Nevertheless, NIR spectroscopy is generally regarded as an indirect analytical technique whose performance strongly depends on appropriate preprocessing and robust chemometric modeling. In complex formulations, severe spectral overlap among APIs, impurities, and excipients may obscure impurity-related information, thereby reducing model selectivity and predictive accuracy [24,30]. Existing NIR–PLSR studies have mainly focused on binary or relatively simple systems, whereas quantitative determination of low-level impurities in complex multicomponent pharmaceutical matrices remains insufficiently explored [31,32]. To address these challenges, preprocessing strategies including multiplicative scatter correction (MSC), standard normal variate (SNV), Savitzky–Golay derivatives, and wavelet transform techniques have been introduced to enhance subtle spectral features and suppress irrelevant variations [33,34,35,36].

Therefore, this study aimed to establish and validate an optimized NIR–PLSR analytical framework for sensitive quantification of DML in DMM formulations. Unlike conventional approaches relying on single preprocessing strategies, derivative preprocessing and wavelet denoising were systematically integrated to enhance weak impurity-related spectral information in a complex multicomponent pharmaceutical system. By comparing different preprocessing approaches and evaluating model performance using statistical and validation criteria, an optimized quantitative model was developed. The proposed strategy may contribute to pharmaceutical quality control and provide a general analytical reference for low-level impurity monitoring in complex solid dosage forms.

2. Materials and Methods

2.1. Materials

DMM, DML, excipients, DMM tablets, and stability samples were all provided by Jiangsu Hansoh Pharmaceutical Group Research Institute (Lianyungang, China).

2.2. Sample Preparation

2.2.1. Raw Material Pretreatment

To minimize measurement errors arising from particle size variations, all raw materials were pretreated prior to analysis. DMM, DML, and excipients were gently ground in an agate mortar, followed by sieving through a 100-mesh sieve, and the fraction passing through the sieve was collected.

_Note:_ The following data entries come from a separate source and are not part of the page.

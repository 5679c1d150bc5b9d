-- ===== src/Uploads/Operations.antt =====
-- The operations of UploadService in modules/uploads/sessions.ts, and reserveFreeName of paths.ts.
pub mod Isolation
pub mod Reading
pub mod Resuming
pub mod Finishing
mod Tests
use local_cast.Base.{
  ℕ, zero, suc, ◌+◌, Bool, false, not, ◌&&◌, ◌||◌, List, [], ◌∷◌, ◌++◌, Option, none, some, Text,
  codes, starts_with, ltb, leb, ◌==◌, if◌then◌else◌, drop, Result, ok, err, ◌>>=◌, ◌>>◌, throw_if,
}
use local_cast.Contract.Errors.{
  plain, progress, max_bytes, upload_too_large, upload_session_unknown, upload_offset_mismatch,
  bad_request,
}
use local_cast.Maps.{get, set, delete}
use local_cast.Uploads.Paths.{sanitize_relative_path}
use local_cast.Uploads.{
  active, complete, aborted, is_active, is_complete, UploadRow, UploadSession, upload_started,
  upload_completed, upload_aborted, Service, Reply, done, refused, failed, CreateInput, Context,
  to_dto, require, publish, Received, receive, change_row, persist_received,
}

-- `absPath.split(/[\\/]/)`, and the last part of it
basename_from : Text → Text → Text
basename_from cur [] = cur
basename_from cur (c ∷ s) = basename_from (if c == b'/' || c == 92 then [] else cur ++ (c ∷ [])) s

pub basename_of : Text → Text
unfolding basename_from
basename_of path = basename_from [] path

pub normalize_rel : Text → Text
normalize_rel path = if starts_with path (codes "./") then drop 2 path else path

-- The declared length of a chunk goes past the size of the upload.
pub too_long : UploadRow → ℕ → Option ℕ → Bool
too_long row offset none = false
too_long row offset (some n) = ltb row.total_bytes (offset + n)

-- The end of `finalize`: the row is read again and published.
announced : Service → UploadRow → Option UploadRow → ℕ → Service × Reply
unfolding publish
announced s row none t = (s, refused (plain upload_session_unknown))
announced s row (some updated) t =
    let s1 = publish s updated t in
    (
      record s1 { outbox = s1.outbox ++ (upload_completed row.device_id row.id ∷ []) },
      done (to_dto updated),
    )

-- The checks of `append` before the body is read.
check_append : UploadRow → ℕ → Option ℕ → Result (Unit {0})
unfolding too_long
check_append row offset declared = do
  throw_if (not (is_active row.status)) (plain upload_session_unknown)
  throw_if (not (offset == row.received_bytes)) (record {
    code = upload_offset_mismatch;
    detail = progress row.received_bytes row.total_bytes;
  })
  throw_if (too_long row offset declared)
      (record { code = upload_too_large; detail = progress row.received_bytes row.total_bytes })

-- The `finally` block: what has come is persisted, also when the body broke off.
pub kept : UploadRow → Received → ℕ → Service
unfolding persist_received set
kept row r t =
    let s = record r.service { disk = set row.temp_path r.content r.service.disk } in
    if not (r.received == row.received_bytes) then persist_received s row.id r.received t else s

remember_mtime : Text → Option ℕ → List (Text × ℕ) → List (Text × ℕ)
unfolding set
remember_mtime id none m = m
remember_mtime id (some mtime) m = set id mtime m

module _ (ctx : Context) where
  open ctx use {to_lower, assert_can_upload, resolve_writable, temp_path_of, numbered, beside}

  -- The loop of reserveFreeName, from a counter on: the first path that is free is created, empty.
  pub reserve : ℕ → ℕ → Text → List (Text × List ℕ) → Option (Text × List (Text × List ℕ))
  unfolding get set
  reserve zero counter path disk = none
  reserve (suc rounds) counter path disk =
      let candidate = if counter == 1 then path else numbered path counter in
      elim (get candidate disk) [
        | none ↦ some (candidate, set candidate [] disk)
        | some _ ↦ reserve rounds (counter + 1) path disk
      ]

  pub reserve_free_name : Text → List (Text × List ℕ) → Option (Text × List (Text × List ℕ))
  unfolding reserve
  reserve_free_name path disk = reserve 999 1 path disk

  -- `finalize` behind the rename: the row is marked.
  completed : Service → UploadRow → Text → ℕ → Service × Reply
  unfolding basename_of normalize_rel change_row announced delete get
  completed s row final_path t =
      let rel = normalize_rel (beside row.rel_path (basename_of final_path)) in
      let finish = λ (r : UploadRow). record r {
        status = complete;
        rel_path = rel;
        received_bytes = r.total_bytes;
        updated_at = t;
      } in
      let s1 = record s {
        pending_mtime = delete row.id s.pending_mtime;
        rows = change_row finish row.id s.rows;
        last_published = delete row.id s.last_published;
      } in
      announced s1 row (get row.id s1.rows) t

  -- `rename(row.temp_path, finalPath)`; a temporary file that is gone gives up the reservation.
  renamed : Service → UploadRow → Text → List (Text × List ℕ) → ℕ → Service × Reply
  unfolding completed get set delete
  renamed s row final_path disk t = elim (get row.temp_path disk) [
    | none ↦ (record s { disk = delete final_path disk }, failed)
    | some content ↦
        completed (record s { disk = set final_path content (delete row.temp_path disk) }) row
          final_path t
  ]

  reserved : Service → UploadRow → Option (Text × List (Text × List ℕ)) → ℕ → Service × Reply
  unfolding renamed
  reserved s row none t = (s, refused (plain bad_request))
  reserved s row (some (final_path, disk)) t = renamed s row final_path disk t

  pub finalize : Service → UploadRow → ℕ → Service × Reply
  unfolding reserved reserve_free_name
  finalize s row t = elim (resolve_writable row.folder_id row.rel_path) [
    | err e ↦ (s, refused e)
    | ok destination ↦ reserved s row (reserve_free_name destination s.disk) t
  ]

  -- `create`, with the id that `randomUUID` gives.
  check_create : Service → CreateInput → Result Text
  check_create s input = do
    throw_if (ltb s.max_size input.total_bytes)
        (record { code = upload_too_large; detail = max_bytes s.max_size })
    rel ← sanitize_relative_path to_lower input.relative_path
    assert_can_upload input.device_id input.folder_id
    destination ← resolve_writable input.folder_id rel
    ok rel

  new_row : Service → Text → CreateInput → Text → ℕ → UploadRow
  new_row s id input rel t = record {
    id = id;
    device_id = input.device_id;
    folder_id = input.folder_id;
    rel_path = rel;
    total_bytes = input.total_bytes;
    received_bytes = 0;
    chunk_size = s.chunk_size;
    temp_path = temp_path_of id;
    status = active;
    created_at = t;
    updated_at = t;
  }

  pub create : Service → Text → CreateInput → ℕ → Service × Reply
  unfolding check_create new_row remember_mtime set finalize publish
  create s id input t = elim (check_create s input) [
    | err e ↦ (s, refused e)
    | ok rel ↦
        let row = new_row s id input rel t in
        let s1 = record s {
          disk = set row.temp_path [] s.disk;
          rows = set id row s.rows;
          pending_mtime = remember_mtime id input.mtime s.pending_mtime;
          outbox = s.outbox ++ (upload_started input.device_id id ∷ []);
        } in
        if input.total_bytes == 0 then finalize s1 row t else (publish s1 row t, done (to_dto row))
  ]

  -- `append` behind the loop.
  pub appended : Service → UploadRow → Text → Received → Bool → ℕ → Service × Reply
  unfolding require finalize publish
  appended s row device r broken t =
      if broken
      then (s, failed)
      else if r.overflow
      then (
        s,
        refused (record { code = upload_too_large; detail = progress r.received row.total_bytes }),
      )
      else (elim (require s row.id device) [
        | err e ↦ (s, refused e)
        | ok updated ↦
            if leb updated.total_bytes updated.received_bytes
            then finalize s updated t
            else (publish s updated t, done (to_dto updated))
      ])

  -- `append` behind the checks.
  append_body : Service → UploadRow → Text → List (ℕ × List ℕ) → Bool → ℕ → Service × Reply
  unfolding receive kept appended get
  append_body s row device body broken t = elim (get row.temp_path s.disk) [
    | none ↦ (s, failed)
    | some content ↦
        let r =
          receive row
            (record {
              service = s;
              content = content;
              received = row.received_bytes;
              overflow = false;
            })
            body in
        appended (kept row r t) row device r broken t
  ]

  -- `body` holds the chunks with their times, `broken` says that it breaks off behind them, and `t`
  -- is the time at its end.
  pub append : Service → Text → Text → ℕ → List (ℕ × List ℕ) → Bool → Option ℕ → ℕ → Service × Reply
  unfolding require check_append append_body
  append s id device offset body broken declared t = elim (require s id device) [
    | err e ↦ (s, refused e)
    | ok row ↦ elim (check_append row offset declared) [
      | err e ↦ (s, refused e)
      | ok _ ↦ append_body s row device body broken t
    ]
  ]

pub get_session : Service → Text → Text → Result UploadSession
unfolding require
get_session s id device = do row ← require s id device; ok (to_dto row)

abort_row : Service → UploadRow → Text → ℕ → Service × Reply
unfolding require publish change_row delete
abort_row s row device t =
    if is_complete row.status
    then (s, refused (plain bad_request))
    else (let s1 = record s {
      disk = delete row.temp_path s.disk;
      rows = change_row (λ r. record r { status = aborted; updated_at = t }) row.id s.rows;
      last_published = delete row.id s.last_published;
      pending_mtime = delete row.id s.pending_mtime;
    } in
        elim (require s1 row.id device) [
          | err e ↦ (s1, refused e)
          | ok updated ↦
              let s2 = publish s1 updated t in
              (
                record s2 { outbox = s2.outbox ++ (upload_aborted device row.id ∷ []) },
                done (to_dto updated),
              )
        ])

pub abort : Service → Text → Text → ℕ → Service × Reply
unfolding abort_row
abort s id device t = elim (require s id device) [
  | err e ↦ (s, refused e)
  | ok row ↦ abort_row s row device t
]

2.2.2. Tablet and Stability Sample Preparation

Test tablets and stability samples were ground into fine powder using an agate mortar. The powder was subsequently sieved through a 100-mesh sieve, and the fraction passing through the sieve was collected.

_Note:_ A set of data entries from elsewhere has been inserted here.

-- ===== src/Uploads/Operations/Isolation.antt =====
-- What an upload of modules/uploads/sessions.ts leaves alone: other devices' sessions and the files
-- that are there.
use local_cast.Base.{
  ℕ, zero, suc, ◌+◌, ◌≡◌, ◌≢◌, refl, sym, ap, ◌∙◌, Bool, Option-cases, Result-cases, inl, inr, List,
  [], ◌∷◌, Option, none, some, Text, text_eq_iff, arith, ◌==◌, if◌then◌else◌, length, err,
}
use local_cast.Contract.Errors.{plain, upload_session_unknown}
use local_cast.Maps.{get, set, delete, get-set_ne, get-delete_ne}
use local_cast.Uploads.{
  UploadRow, Service, Reply, refused, Context, Received, owned_by, require, publish, receive_chunk,
  receive, maybe_publish_progress,
}
use local_cast.Uploads.Operations.{
  reserve, reserve_free_name, completed, renamed, announced, reserved, finalize, append,
  get_session, abort,
}

-- `require` refuses a session of another device as it refuses one that does not exist.
require_foreign :
    (s : Service) (id device : Text) (row : UploadRow)
    → get id s.rows ≡ some row
    → row.device_id ≢ device
    → require s id device ≡ err (plain upload_session_unknown)
unfolding require owned_by
require_foreign s id device row h foreign = rw h (ground (arith, text_eq_iff row.device_id device))

-- A device that names the session of another one, whatever else it sends, changes nothing and is
-- told by `append`, `abort` and `get` that the session is unknown.
pub foreign_session :
    (ctx : Context) (s : Service) (id device : Text) (row : UploadRow) (offset : ℕ)
    (body : List (ℕ × List ℕ)) (broken : Bool) (declared : Option ℕ) (t : ℕ)
    → get id s.rows ≡ some row
    → row.device_id ≢ device
    → (append ctx s id device offset body broken declared t
        ≡ (s, refused (plain upload_session_unknown)))
      × (abort s id device t ≡ (s, refused (plain upload_session_unknown)))
      × (get_session s id device ≡ err (plain upload_session_unknown))
unfolding append abort get_session
foreign_session ctx s id device row offset body broken declared t h foreign =
    rw (require_foreign s id device row h foreign, append, abort) (refl, refl, refl)

maybe_publish_progress-disk :
    (s : Service) (row : UploadRow) (n t : ℕ)
    → ((maybe_publish_progress s row n t).disk ≡ s.disk)
      × ((maybe_publish_progress s row n t).rows ≡ s.rows)
unfolding maybe_publish_progress
maybe_publish_progress-disk s row n t = ground arith

receive_chunk-disk :
    (row : UploadRow) (r : Received) (c : ℕ × List ℕ)
    → ((receive_chunk row r c).service.disk ≡ r.service.disk)
      × ((receive_chunk row r c).service.rows ≡ r.service.rows)
unfolding receive_chunk
receive_chunk-disk row r (t, []) = (refl, refl)
receive_chunk-disk row r (t, b ∷ bytes) =
    ground (arith, maybe_publish_progress-disk r.service row (r.received + length (b ∷ bytes)) t)

-- Receiving a body neither renames nor registers anything.
pub receive-disk :
    (row : UploadRow) (r : Received) (cs : List (ℕ × List ℕ))
    → ((receive row r cs).service.disk ≡ r.service.disk)
      × ((receive row r cs).service.rows ≡ r.service.rows)
unfolding receive
receive-disk row r [] = (refl, refl)
receive-disk row r (c ∷ cs) =
    let (disk, rows) = receive_chunk-disk row r c in
    let (disk', rows') = receive-disk row (receive_chunk row r c) cs in (disk' ∙ disk, rows' ∙ rows)

-- The name that is reserved was free, and is now an empty file.
pub reserve_lem :
    (ctx : Context) (rounds counter : ℕ) (path final : Text) (disk disk' : List (Text × List ℕ))
    → reserve ctx rounds counter path disk ≡ some (final, disk')
    → (get final disk ≡ none) × (disk' ≡ set final [] disk)
unfolding reserve
reserve_lem ctx zero counter path final disk disk' h = absurd cc
reserve_lem ctx (suc rounds) counter path final disk disk' h =
    let candidate = if counter == 1 then path else ctx.numbered path counter in
    elim (Option-cases (get candidate disk)) [
      | inl free ↦
          let e : ◌≡◌ {A = Option (Text × List (Text × List ℕ))}
              (some (candidate, set candidate [] disk)) (some (final, disk')) =
            sym (rw (free, reserve) refl) ∙ h in
          (cc, cc)
      | inr (bytes, taken) ↦
          reserve_lem ctx rounds (counter + 1) path final disk disk'
            (sym (rw (taken, reserve) refl) ∙ h)
    ]

reserve_free_name_lem :
    (ctx : Context) (path final : Text) (disk disk' : List (Text × List ℕ))
    → reserve_free_name ctx path disk ≡ some (final, disk')
    → (get final disk ≡ none) × (disk' ≡ set final [] disk)
unfolding reserve_free_name
reserve_free_name_lem ctx path final disk disk' h = reserve_lem ctx 999 1 path final disk disk' h

-- No operation touches a file that it does not own: what is at `q` stays.
abbrev Keeps : Text → List ℕ → Service × Reply → Type 0
Keeps q content result = get q (result.0).disk ≡ some content

announced-disk :
    (s : Service) (row : UploadRow) (found : Option UploadRow) (t : ℕ)
    → (announced s row found t).0.disk ≡ s.disk
unfolding announced publish
announced-disk s row none t = refl
announced-disk s row (some updated) t = refl

completed-disk :
    (ctx : Context) (s : Service) (row : UploadRow) (final : Text) (t : ℕ)
    → (completed ctx s row final t).0.disk ≡ s.disk
unfolding completed
completed-disk ctx s row final t = announced-disk _ row _ t

renamed-Keeps :
    (ctx : Context) (s : Service) (row : UploadRow) (final q : Text) (disk : List (Text × List ℕ))
    (t : ℕ) (content : List ℕ)
    → row.temp_path ≢ q
    → final ≢ q
    → get q disk ≡ some content
    → Keeps q content (renamed ctx s row final disk t)
unfolding renamed
renamed-Keeps ctx s row final q disk t content other free h =
    elim (Option-cases (get row.temp_path disk)) [
      | inl gone ↦ rw (gone, renamed) (get-delete_ne final q disk free ∙ h)
      | inr (bytes, found) ↦
          rw (found, renamed)
            (ap (get q) (completed-disk ctx _ row final t)
              ∙ get-set_ne final q bytes (delete row.temp_path disk) free
              ∙ get-delete_ne row.temp_path q disk other
              ∙ h)
    ]

absurd_none : {o : Option (List ℕ)} {content : List ℕ} → o ≡ none → o ≡ some content → ⊥
absurd_none h k = cc

reserved-Keeps :
    (ctx : Context) (s : Service) (row : UploadRow) (found : Option (Text × List (Text × List ℕ)))
    (q : Text) (t : ℕ) (content : List ℕ)
    → ((final : Text) (disk : List (Text × List ℕ))
        → found ≡ some (final, disk)
        → (get final s.disk ≡ none) × (disk ≡ set final [] s.disk))
    → row.temp_path ≢ q
    → get q s.disk ≡ some content
    → Keeps q content (reserved ctx s row found t)
unfolding reserved
reserved-Keeps ctx s row none q t content free other h = h
reserved-Keeps ctx s row (some (final, disk)) q t content free other h =
    let (none_there, e) = free final disk refl in
    let ne : final ≢ q = (λ same. absurd_none none_there (ap (λ p. get p s.disk) same ∙ h)) in
    renamed-Keeps ctx s row final q disk t content other ne
      (ap (get q) e ∙ get-set_ne final q [] s.disk ne ∙ h)

-- Finishing an upload, whether it succeeds or not, overwrites no file: at every path but the
-- upload's own temporary file, what was there is still there.
pub finalize-Keeps :
    (ctx : Context) (s : Service) (row : UploadRow) (q : Text) (t : ℕ) (content : List ℕ)
    → row.temp_path ≢ q
    → get q s.disk ≡ some content
    → get q (finalize ctx s row t).0.disk ≡ some content
unfolding finalize
finalize-Keeps ctx s row q t content other h =
    elim (Result-cases (ctx.resolve_writable row.folder_id row.rel_path)) [
      | inl (e, refusal) ↦ rw (refusal, finalize) h
      | inr (destination, allowed) ↦
          rw (allowed, finalize)
            (reserved-Keeps ctx s row (reserve_free_name ctx destination s.disk) q t content
              (λ final disk e. reserve_free_name_lem ctx destination final s.disk disk e) other h)
    ]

2.2.3. Preparation of Calibration Samples

Calibration samples were prepared according to the following standardized procedure. Twenty-six calibration samples with systematically distributed DML concentrations ranging from 0–20% were designed using a concentration-gradient strategy rather than random sampling, ensuring representative coverage across low-, medium-, and high-level impurity regions within the calibration space. Accurately weighed quantities of DMM, DML, and excipients were combined in the mass ratios outlined in Table S1. The composition of each sample was adjusted to achieve varying impurity concentrations while maintaining a constant total sample mass. All components were transferred into a stainless steel ball milling jar and homogenized using a ball mill (MM400, Retsch, Haan, Germany) at a frequency of 30 Hz for 25 min. The resulting mixtures were collected and transferred into 10 mL round-bottom plastic centrifuge tubes for subsequent analysis. To ensure uniform particle size distribution and compositional homogeneity, all samples were subjected to identical grinding, sieving, and homogenization procedures.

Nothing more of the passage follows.